Figure 8 shows the stress relaxation results at different strain rates and temperatures.

Fig. 8

Modeled relaxation at different temperatures after deformation with strain rates of 10 s⁻¹ (a) and 1 s⁻¹ (b). Dashed lines are modeled and markers are experimental measurements

In Figure 8, there are some deviations between model and experiment at low temperatures. One explanation for this might be using a constant value for Ω in this work, while Bergström[22] found that Ω should change with temperature and strain rate.

In general, when the temperature difference in the experiments increases the fit between the model and experiment at all temperatures might not be equally good. The main reason for this is considering temperature-dependent parameters like Ω and M_g0 as constants in the model. Despite these approximations, the model works well. However, resolving this issue might enable the model to give equally good fits on more extended temperature ranges.

To investigate the recovery and recrystallization in more detail, two samples that might resemble the typical form of these phenomena are magnified in Figure 9 from the presented curves of above.

Fig. 9

Simulated and experimental deformation and relaxation at 1200 °C and strain rate 10 s⁻¹ during the deformation (a) and during relaxation (b) and 0.01 s⁻¹ (c, d) showing dynamic and static recrystallized fraction (solid lines) and true stress, dashed lines (modeled), and markers (experimentally measured), values against true strain and time after deformation. Note the negligible amount of DRX in (a) and very low amount of recrystallized fraction in (d) calculated by the model (solid lines)

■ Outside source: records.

-- ===== src/Prelude/Numbers.antt =====
-- `str::parse` and `from_str_radix` of the unsigned integers, and their text read back.
use skimasque.Prelude.{
  ℕ, zero, suc, ◌+◌, ◌-◌, ◌*◌, ◌/◌, ◌%◌, ◌<◌, ◌≤◌, [], ◌∷◌, ◌++◌, true, false, ◌&&◌, Option, none,
  some, ltb, leb, ◌==◌, if◌then◌else◌, Bool-cases, All, All-append,
}
use skimasque.Prelude.{◌≡◌, refl, inl, inr, arith}
use skimasque.Prelude.Text.{Text, digit, digits_of, show_nat}

-- `char::to_digit`
abbrev pub digit_value : (base c : ℕ) → Option ℕ
digit_value base c =
    let d =
      if leb b'0' c && leb c b'9'
      then c - b'0'
      else if leb b'a' c && leb c b'z'
      then c - b'a' + 10
      else if leb b'A' c && leb c b'Z'
      then c - b'A' + 10
      else base in
    if ltb d base then some d else none

-- One digit behind the number so far, refused above the type's greatest number.
abbrev pub add_digit : (max base acc : ℕ) → Option ℕ → Option ℕ
add_digit max base acc none = none
add_digit max base acc (some d) = if leb (acc * base + d) max then some (acc * base + d) else none

abbrev pub read_more : (max base c : ℕ) → Option ℕ → Option ℕ
read_more max base c none = none
read_more max base c (some acc) = add_digit max base acc (digit_value base c)

abbrev pub read_digits : (max base : ℕ) → Option ℕ → Text → Option ℕ
read_digits max base acc [] = acc
read_digits max base acc (c ∷ t) = read_digits max base (read_more max base c acc) t

abbrev pub parse_digits : (max base : ℕ) → Text → Option ℕ
parse_digits max base [] = none
parse_digits max base (c ∷ t) = read_digits max base (some 0) (c ∷ t)

-- `from_str_radix`: one leading plus sign is passed over.
abbrev pub parse_number : (max base : ℕ) → Text → Option ℕ
parse_number max base [] = none
parse_number max base (c ∷ t) =
    if c == b'+' then parse_digits max base t else parse_digits max base (c ∷ t)

-- `text.parse::<u16>()`
abbrev pub parse_u16 : Text → Option ℕ
parse_u16 t = parse_number 65535 10 t

module _ (max base : ℕ) where
  read_digits-append :
      (acc : Option ℕ) (xs ys : Text)
      → read_digits max base acc (xs ++ ys) ≡ read_digits max base (read_digits max base acc xs) ys
  read_digits-append acc [] ys = refl
  read_digits-append acc (x ∷ xs) ys = read_digits-append (read_more max base x acc) xs ys

pub digit_value-digit : (d : ℕ) → d < 10 → digit_value 10 (digit d) ≡ some d
digit_value-digit d h = ground arith

div_lt : (n f : ℕ) → n < suc f → ltb n 10 ≡ false → n / 10 < f
div_lt n f h e = ground arith

read_more-digit : (max n : ℕ) → n ≤ max → read_more max 10 (digit (n % 10)) (some (n / 10)) ≡ some n
read_more-digit max n h = rw (digit_value-digit (n % 10) (omega arith)) (ground arith)

pub digits_of_one : (fuel n : ℕ) → ltb n 10 ≡ true → digits_of 10 (suc fuel) n ≡ digit n ∷ []
digits_of_one fuel n e = rw (digits_of, e, digit, e) refl

pub digits_of_more :
    (fuel n : ℕ)
    → ltb n 10 ≡ false
    → digits_of 10 (suc fuel) n ≡ digits_of 10 fuel (n / 10) ++ (digit (n % 10) ∷ [])
digits_of_more fuel n e = rw (digits_of, e) refl

pub read_digits-digits_of :
    (max fuel n : ℕ)
    → n < fuel
    → n ≤ max
    → read_digits max 10 (some 0) (digits_of 10 fuel n) ≡ some n
read_digits-digits_of max zero n h k = absurd (omega arith)
read_digits-digits_of max (suc fuel) n h k = elim (Bool-cases (ltb n 10)) [
  | inl e ↦ rw (digits_of_one fuel n e, digit_value-digit n (ground arith)) (ground arith)
  | inr e ↦
      rw
        (
          digits_of_more fuel n e,
          read_digits-append max 10 (some 0) (digits_of 10 fuel (n / 10)) (digit (n % 10) ∷ []),
          read_digits-digits_of max fuel (n / 10) (div_lt n fuel h e) (omega arith),
        )
        (read_more-digit max n k)
]

-- What a number's text is made of.
abbrev pub IsDigit : ℕ → Type 0
IsDigit c = (b'0' ≤ c) × (c ≤ b'9')

pub digits_of-IsDigit : (fuel n : ℕ) → All IsDigit (digits_of 10 fuel n)
digits_of-IsDigit zero n = tt
digits_of-IsDigit (suc fuel) n = elim (Bool-cases (ltb n 10)) [
  | inl e ↦ rw (digits_of_one fuel n e) (ground arith, tt)
  | inr e ↦ rw (digits_of_more fuel n e) (
      All-append IsDigit (digits_of 10 fuel (n / 10)) (digit (n % 10) ∷ [])
        (digits_of-IsDigit fuel (n / 10)) (ground arith, tt))
]

pub digits_of_starts :
    (fuel n : ℕ) → n < fuel → (c : ℕ) × (t : Text) × (digits_of 10 fuel n ≡ c ∷ t)
digits_of_starts zero n h = absurd (omega arith)
digits_of_starts (suc fuel) n h = elim (Bool-cases (ltb n 10)) [
  | inl e ↦ (digit n, [], digits_of_one fuel n e)
  | inr e ↦
      let (c, t, r) = digits_of_starts fuel (n / 10) (div_lt n fuel h e) in
      (c, t ++ (digit (n % 10) ∷ []), rw (digits_of_more fuel n e, r) refl)
]

parse_number-digits :
    (max n : ℕ) (t : Text)
    → All IsDigit t
    → read_digits max 10 (some 0) t ≡ some n
    → (c : ℕ) × (s : Text) × (t ≡ c ∷ s)
    → parse_number max 10 t ≡ some n
parse_number-digits max n [] h r (c, s, e) = cc
parse_number-digits max n (c ∷ t) (h, _) r e =
    let no_plus : (c == b'+') ≡ false = ground arith in rw no_plus r

pub parse_number-show_nat : (max n : ℕ) → n ≤ max → parse_number max 10 (show_nat n) ≡ some n
parse_number-show_nat max n h =
    parse_number-digits max n (show_nat n) (digits_of-IsDigit (suc n) n)
      (read_digits-digits_of max (suc n) n (omega arith) h)
      (digits_of_starts (suc n) n (omega arith))

-- What is read is within the type.
abbrev IsUpTo : ℕ → Option ℕ → Type 0
IsUpTo max none = Unit
IsUpTo max (some n) = n ≤ max

add_digit-IsUpTo : (max base acc : ℕ) (d : Option ℕ) → IsUpTo max (add_digit max base acc d)
add_digit-IsUpTo max base acc none = tt
add_digit-IsUpTo max base acc (some d) = elim (Bool-cases (leb (acc * base + d) max)) [
  | inl e ↦ rw e (ground arith)
  | inr e ↦ rw e tt
]

read_digits-IsUpTo :
    (max base : ℕ) (acc : Option ℕ) (t : Text)
    → IsUpTo max acc
    → IsUpTo max (read_digits max base acc t)
read_digits-IsUpTo max base acc [] h = h
read_digits-IsUpTo max base none (c ∷ t) h = read_digits-IsUpTo max base none t tt
read_digits-IsUpTo max base (some a) (c ∷ t) h =
    read_digits-IsUpTo max base (read_more max base c (some a)) t
      (add_digit-IsUpTo max base a (digit_value base c))

parse_digits-IsUpTo : (max base : ℕ) (t : Text) → IsUpTo max (parse_digits max base t)
parse_digits-IsUpTo max base [] = tt
parse_digits-IsUpTo max base (c ∷ t) = read_digits-IsUpTo max base (some 0) (c ∷ t) (omega arith)

parse_number-IsUpTo : (max base : ℕ) (t : Text) → IsUpTo max (parse_number max base t)
parse_number-IsUpTo max base [] = tt
parse_number-IsUpTo max base (c ∷ t) = elim (Bool-cases (c == b'+')) [
  | inl e ↦ rw e (parse_digits-IsUpTo max base t)
  | inr e ↦ rw e (parse_digits-IsUpTo max base (c ∷ t))
]

pub parse_number_bound :
    (max base : ℕ) (t : Text) (n : ℕ) → parse_number max base t ≡ some n → n ≤ max
parse_number_bound max base t n e = let h = parse_number-IsUpTo max base t in rw e at h
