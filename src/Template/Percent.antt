-- ===== src/Template/Percent.antt =====
-- crates/skimasque-core/src/template.rs: percent-encoding of values, and back.
use skimasque.Prelude.{
  ℕ, zero, suc, ◌+◌, ◌-◌, ◌*◌, ◌/◌, ◌%◌, ◌<◌, [], ◌∷◌, ◌++◌, Bool, true, false, ◌&&◌, ◌||◌, Option,
  none, some, ltb, leb, ◌==◌, if◌then◌else◌,
}
use skimasque.Prelude.{◌≡◌, refl, arith}
use skimasque.Prelude.Text.{Text}
use skimasque.Prelude.Numbers.{parse_number, digit_value}
use skimasque.Prelude.Trim.{is_alphanumeric}

unfoldable pub is_unreserved : ℕ → Bool
is_unreserved b =
    is_alphanumeric b || ((b == b'-') || ((b == b'.') || ((b == b'_') || (b == b'~'))))

-- A digit of `{byte:02X}`.
abbrev pub upper_digit : ℕ → ℕ
upper_digit d = if ltb d 10 then b'0' + d else b'A' + (d - 10)

abbrev pub encoded_byte : ℕ → Text
encoded_byte b =
    if is_unreserved b then b ∷ [] else b'%' ∷ upper_digit (b / 16) ∷ upper_digit (b % 16) ∷ []

unfoldable pub pct_encode : Text → Text
pct_encode [] = []
pct_encode (b ∷ t) = encoded_byte b ++ pct_encode t

-- What a leading byte announces: the number of continuation bytes and the bounds of the first.
abbrev pub announced : ℕ → Option ((ℕ × ℕ) × ℕ)
announced c =
    if ltb c 128
    then some ((0, 0), 0)
    else if leb 194 c && leb c 223
    then some ((1, 128), 191)
    else if c == 224
    then some ((2, 160), 191)
    else if c == 237
    then some ((2, 128), 159)
    else if leb 225 c && leb c 239
    then some ((2, 128), 191)
    else if c == 240
    then some ((3, 144), 191)
    else if leb 241 c && leb c 243
    then some ((3, 128), 191)
    else if c == 244
    then some ((3, 128), 143)
    else none

-- `String::from_utf8` accepts the bytes.
abbrev pub utf8_from : (pending lo hi : ℕ) → Text → Bool
utf8_from pending lo hi [] = pending == 0
utf8_from (suc n) lo hi (c ∷ t) = leb lo c && (leb c hi && utf8_from n 128 191 t)
utf8_from zero lo hi (c ∷ t) = elim (announced c) [
  | none ↦ false
  | some ((n, l), h) ↦ utf8_from n l h t
]

abbrev pub is_utf8 : Text → Bool
is_utf8 t = utf8_from 0 0 0 t

abbrev pub and_cons : Option ℕ → Option Text → Option Text
and_cons (some b) (some t) = some (b ∷ t)
and_cons _ _ = none

-- `u8::from_str_radix` of the two bytes behind a percent sign
unfoldable pub decoded_bytes : Text → Option Text
decoded_bytes [] = some []
decoded_bytes (c ∷ []) = if c == b'%' then none else some (c ∷ [])
decoded_bytes (c ∷ a ∷ []) = if c == b'%' then none else and_cons (some c) (decoded_bytes (a ∷ []))
decoded_bytes (c ∷ a ∷ b ∷ t) = elim (c == b'%') [
  | true ↦ and_cons (parse_number 255 16 (a ∷ b ∷ [])) (decoded_bytes t)
  | false ↦ and_cons (some c) (decoded_bytes (a ∷ b ∷ t))
]

abbrev pub when_utf8 : Option Text → Option Text
when_utf8 none = none
when_utf8 (some t) = if is_utf8 t then some t else none

unfoldable pub pct_decode : Text → Option Text
pct_decode value = when_utf8 (decoded_bytes value)

digit_value-upper_digit : (d : ℕ) → d < 16 → digit_value 16 (upper_digit d) ≡ some d
digit_value-upper_digit d h = ground arith

pub escape_read :
    (b : ℕ)
    → b < 256
    → parse_number 255 16 (upper_digit (b / 16) ∷ upper_digit (b % 16) ∷ []) ≡ some b
escape_read b h =
    let no_plus : (upper_digit (b / 16) == b'+') ≡ false = ground arith in
    let high : b / 16 < 16 = omega arith in
    let low : leb (0 * 16 + b / 16) 255 ≡ true = ground arith in
    let sum : 0 * 16 + b / 16 ≡ b / 16 = omega arith in
    let all : b / 16 * 16 + b % 16 ≡ b = omega arith in
    let top : leb b 255 ≡ true = ground arith in
    rw
      (
        no_plus,
        digit_value-upper_digit (b / 16) high,
        low,
        sum,
        digit_value-upper_digit (b % 16) (omega arith),
        all,
        top,
      )
      refl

In stress relaxation tests, the difference in slope of the curves can suggest whether static recovery or static recrystallization is the dominant softening mechanism, although judging only based on these graphs might be misleading. That being said, it seems that at higher strain rates no DRX happens, see Figure 9(a), and the stored energy in the material can be relaxed by meta-dynamic or static recrystallization as the noticeable change in the slope of the curves favor in Figure 9(b). On the other hand, at lowest strain rate, static recovery is more dominant as the invariable slope of the curves suggests in Figure 9(d). At this low strain rate, material already passed cycles of dynamic recrystallization as it can be clearly seen in Figure 9(c) and the driving force for a static recrystallization after deformation might be low. The calculated recrystallized fractions are also in agreement with the observed flow stress curves during relaxation.

5 Conclusions

A physically based model is employed to predict the microstructure evolution in a 13 pct chromium steel during and after hot compression tests at temperatures ranging from 900 up to 1200 °C and strain rates of 0.01, 1, and 10 s⁻¹.

This model is based on the coupled set of equations for dislocation density evolution as a key variable that governs the stress state during deformation, recovery, and recrystallization.

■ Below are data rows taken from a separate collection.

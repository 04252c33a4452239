-- ===== src/Template.antt =====
-- crates/skimasque-core/src/template.rs: URI templates, and their expansion to the path of a request.
pub mod Percent
pub mod PercentRoundTrip
pub mod Parse
pub mod Match
pub mod RoundTrip
pub mod Recovered
pub mod Total
pub mod Defaults
use skimasque.Prelude.{
  ℕ, zero, suc, ◌+◌, List, [], ◌∷◌, ◌++◌, Bool, true, false, not, ◌&&◌, ◌||◌, Option, none, some,
  leb, ◌==◌, if◌then◌else◌, length, any, Result, ok, err, ◌>>=◌, ok_or,
}
use skimasque.Prelude.Text.{Text, codes, text_eq, strip_prefix, split_once, split}
use skimasque.Prelude.Trim.{contains}
use skimasque.Template.Percent.{pct_encode}

pub data Error : Type 0 where
  not_absolute : Error
  empty_component : Text → Error
  path_must_start_with_slash : Error
  -- The character by its first byte.
  illegal_character : ℕ → Error
  unsupported_operator : ℕ → Error
  unsupported_modifier : ℕ → Error
  unterminated_expression : Error
  empty_expression : Error
  variable_outside_path_or_query : Error
  duplicate_variable : Text → Error
  query_expression_must_be_last : Error
  missing_variable : Text → Error
  undefined_variable : Text → Error
  empty_value : Text → Error

pub data Part : Type 0 where
  literal : Text → Part
  simple : Text → Part
  query : List Text → Part
  query_continuation : List Text → Part

pub record UriTemplate : Type 0 where
  pub scheme : Text
  pub authority : Text
  pub parts : List Part
  pub variables : List Text
  pub raw : Text

-- `is_empty` of a text
abbrev pub is_empty : Text → Bool
is_empty [] = true
is_empty (_ ∷ _) = false

abbrev pub has_name : List Text → Text → Bool
has_name names n = any (text_eq n) names

-- A map from variables to values.
abbrev pub Values : Type 0
Values = List (Text × Text)

abbrev pub get : Text → Values → Option Text
get n [] = none
get n ((k, v) ∷ values) = let rest = get n values in if text_eq n k then some v else rest

abbrev pub present : Text → Option Text → Result Error Text
present n none = err (undefined_variable n)
present n (some v) = if is_empty v then err (empty_value n) else ok v

unfoldable pub lookup : Values → Text → Result Error Text
lookup values n = present n (get n values)

-- The names from the second on have an ampersand in front.
unfoldable pub expand_query : Values → (separator : ℕ) → List Text → Result Error Text
expand_query values separator [] = ok []
expand_query values separator (n ∷ names) = lookup values n >>= λ (v : Text).
    expand_query values b'&' names >>= λ (rest : Text).
    ok ((separator ∷ n) ++ codes "=" ++ pct_encode v ++ rest)

unfoldable pub expand_part : Values → Part → Result Error Text
expand_part values (literal l) = ok l
expand_part values (simple n) = lookup values n >>= λ (v : Text). ok (pct_encode v)
expand_part values (query names) = expand_query values b'?' names
expand_part values (query_continuation names) = expand_query values b'&' names

unfoldable pub expand_parts : Values → List Part → Result Error Text
expand_parts values [] = ok []
expand_parts values (p ∷ parts) = expand_part values p >>= λ (t : Text).
    expand_parts values parts >>= λ (rest : Text). ok (t ++ rest)

unfoldable pub expand_path : UriTemplate → Values → Result Error Text
expand_path template values = expand_parts values template.parts

unfoldable pub expand_absolute : UriTemplate → Values → Result Error Text
expand_absolute template values = expand_path template values >>= λ (path : Text).
    ok (template.scheme ++ codes "://" ++ template.authority ++ path)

The model considers and simulates work hardening, recovery, recrystallization, and grain growth during and after deformation. The advantage of this model is with only one or few experiments, the material-dependent parameters of the model can be calibrated and used for any new alloy and deformation condition.

The disadvantage of this model is considering some temperature-dependent material parameters such as Ω for dynamic recovery of dislocations and M₀ for the dislocation climb as constants, which sometimes leads to not equally good fits at all temperatures.

The overall agreement between the results from the model and experiments was good, and the deviation between the model and experiment for simulating the grain growth for this alloy is less than 5 pct.

The deviation between the predicted stress by the model and measured values from the experiments might be due to some simplifications in the simulation, such as assuming a constant value for Ω at different temperatures and strain rates.

From relaxation tests, it is evident that static recovery is the dominant softening mechanism for samples deformed at low strain rates while static recrystallization is more dominant for samples deformed at high strain rates as the slope of the curves during the time after deformation suggests.